Aird reckons the unemployment rate will fall to 5pc by the end of this year (well down from CBA’s previous forecast of 5.5pc).
Jobs growth in March beat expectations (again) and the strength of the labour market rebound has “surprised the entire forecasting fraternity”, Aird said.
For the rates outlook, a pivotal question is how that translates into wage growth — viewed as a key prerequisite for inflation to rise.
RBA governor Philip Lowe reckons wage growth has to climb above 3pc first, and Aird doesn’t think it will get there anytime soon.
CBA’s forecast is for the Wage Price Index to climb to 2.2pc by the end of 2021, rising to 2.7pc by year-end 2022.
In turn, its 2021 target for underlying inflation is 1.9pc, climbing to 2.2pc next year.
Those forecasts “are consistent with the RBA leaving the cash rate on hold through to end-2022”, Aird said.
Beyond that though is where it gets interesting.
Right now, the RBA’s view is that it won’t get the sustained rise inflation that it wants until 2024 “at the earliest”.

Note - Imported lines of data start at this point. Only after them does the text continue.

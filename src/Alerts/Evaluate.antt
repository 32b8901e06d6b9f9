-- ===== src/Alerts/Evaluate.antt =====
-- `AlertService.evaluate`: the candidates that the latest samples give.
use superflash_ia.Prelude.{
  ℕ, ◌-◌, ◌*◌, ◌/◌, String, Bool, Option, none, some, List, [], ◌∷◌, ◌++◌, if◌then◌else◌, ltb, ◌==◌,
  nat_eq,
}
use Prim.Native.String.{◌++◌ as ◌<>◌}
use superflash_ia.Alerts.Types.{
  AlertType, high_cpu, high_memory, high_disk, high_network_utilization, stale_server, Floats,
  Candidate, WatchedServer, Sample, Thresholds,
}

module _ (F : Floats) where
  -- `compute_network_utilization`
  unfoldable pub network_utilization : F.Number → Option F.Number → Option F.Number
  network_utilization output none = none
  network_utilization output (some capacity) =
      if F.is_positive capacity then some (F.percentage output capacity) else none

  -- The candidate of a server without a sample.
  abbrev pub never_seen : WatchedServer F → Candidate F
  never_seen server = record {
    alert_type = stale_server;
    server_id = server.server_id;
    server_name = server.name;
    message = "El servidor no tiene ninguna muestra registrada";
    value = none;
    threshold = none;
    collected_at = none;
  }

  -- The age of a sample: Python's difference is negative for a sample of the future, which is never
  -- old.
  abbrev pub is_stale : Thresholds F → Sample F → ℕ → Bool
  is_stale settings metric now = ltb (settings.stale_minutes * 60000000) (now - metric.collected_at)

  abbrev pub stale : Thresholds F → WatchedServer F → Sample F → ℕ → Candidate F
  stale settings server metric now =
      let age = now - metric.collected_at in
      record {
        alert_type = stale_server;
        server_id = server.server_id;
        server_name = server.name;
        message = "Sin muestras desde hace " <> (F.decimal (age / 60000000) <> " minutos");
        value = some (F.minutes_of age);
        threshold = some (F.from_int settings.stale_minutes);
        collected_at = some metric.collected_at;
      }

  -- One line of `checks`.
  pub record Check : Type 0 where
    pub alert_type : AlertType
    pub value : Option F.Number
    pub threshold : F.Number
    pub label : String

  abbrev pub breach : Check → F.Number → WatchedServer F → Sample F → Candidate F
  breach check value server metric = record {
    alert_type = check.alert_type;
    server_id = server.server_id;
    server_name = server.name;
    message =
        check.label
        <> (" en "
            <> (F.text_of value
                <> ("% supera el umbral de " <> (F.text_of check.threshold <> "%"))));
    value = some value;
    threshold = some check.threshold;
    collected_at = some metric.collected_at;
  }

  -- `checks`
  abbrev pub checks : Thresholds F → WatchedServer F → Sample F → List Check
  checks settings server metric =
      record {
        alert_type = high_cpu;
        value = some metric.cpu_percent;
        threshold = settings.cpu;
        label = "CPU";
      }
      ∷ record {
        alert_type = high_memory;
        value = some metric.memory_percent;
        threshold = settings.memory;
        label = "Memoria";
      }
      ∷ record {
        alert_type = high_disk;
        value = metric.disk_percent;
        threshold = settings.disk;
        label = "Disco";
      }
      ∷ record {
        alert_type = high_network_utilization;
        value = network_utilization metric.output_mbps server.network_capacity_mbps;
        threshold = settings.network_utilization;
        label = "Utilización de red";
      }
      ∷ []

  -- The loop over them.
  unfoldable pub run_checks : List Check → WatchedServer F → Sample F → List (Candidate F)
  run_checks [] server metric = []
  run_checks (check ∷ rest) server metric =
      let later = run_checks rest server metric in
      elim check.value [
        | none ↦ later
        | some value ↦
            if F.exceeds value check.threshold
            then breach check value server metric ∷ later
            else later
      ]

  -- `_evaluate_metric`
  unfoldable pub evaluate_metric :
      Thresholds F → WatchedServer F → Sample F → ℕ → List (Candidate F)
  evaluate_metric settings server metric now =
      (if is_stale settings metric now then stale settings server metric now ∷ [] else [])
      ++ run_checks (checks settings server metric) server metric

  -- `latest_metrics_for_enabled`, for one server: the sample of the latest instant.
  abbrev pub latest_sample : ℕ → List (ℕ × Sample F) → Option (Sample F)
  latest_sample key [] = none
  latest_sample key ((server_id, metric) ∷ rest) =
      let later = latest_sample key rest in
      if server_id == key
      then (elim later [
        | none ↦ some metric
        | some l ↦ some (if ltb metric.collected_at l.collected_at then l else metric)
      ])
      else later

  -- `evaluate`, without the synchronisation; the servers are those of `list_all`.
  unfoldable pub evaluate :
      Thresholds F → List (ℕ × Sample F) → ℕ → List (WatchedServer F) → List (Candidate F)
  evaluate settings samples now [] = []
  evaluate settings samples now (server ∷ servers) =
      let rest = evaluate settings samples now servers in
      if server.enabled
      then (elim (latest_sample server.server_id samples) [
        | none ↦ never_seen server ∷ rest
        | some metric ↦ evaluate_metric settings server metric now ++ rest
      ])
      else rest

CBA’s crystal ball doesn’t extend as far as 2023 yet. However, extrapolating the trajectory of its forecasts for wage growth and inflation “challenges the RBA’s forward guidance”, Aird said.
And it’s most likely going to be a data story which becomes increasingly relevant towards the end of this year, he added.
Right now, almost every data update — employment, ISM surveys, consumer/business surveys, house prices — point to historically strong levels of trend growth.
If the trend line for CBA’s wages and inflation forecasts continue rising, the RBA “could not be confident” in its ‘2024 at the earliest’ projections, Aird said.
“We expect the RBA will eventually arrive at this conclusion, but not until the data forces their hand,” Aird said.
And that is most likely to be at the end of this year, or the start of next year.
The RBA’s 2024 “at the earliest” line is currently entrenched into the liquidity assumptions that factor into asset valuations.
In that context, even a consideration on the central bank’s part that rate increases may come before then has the potential to reverberate across asset classes.
Elsewhere, CBA expects the RBA to maintain its asset purchase (quantitative easing) program, but at a reduced rate.
Instead of $100bn of monthly bond purchases, Aird said he thinks the RBA will cut back to $50bn, as part of a new six-month QE program announced at the July board meeting.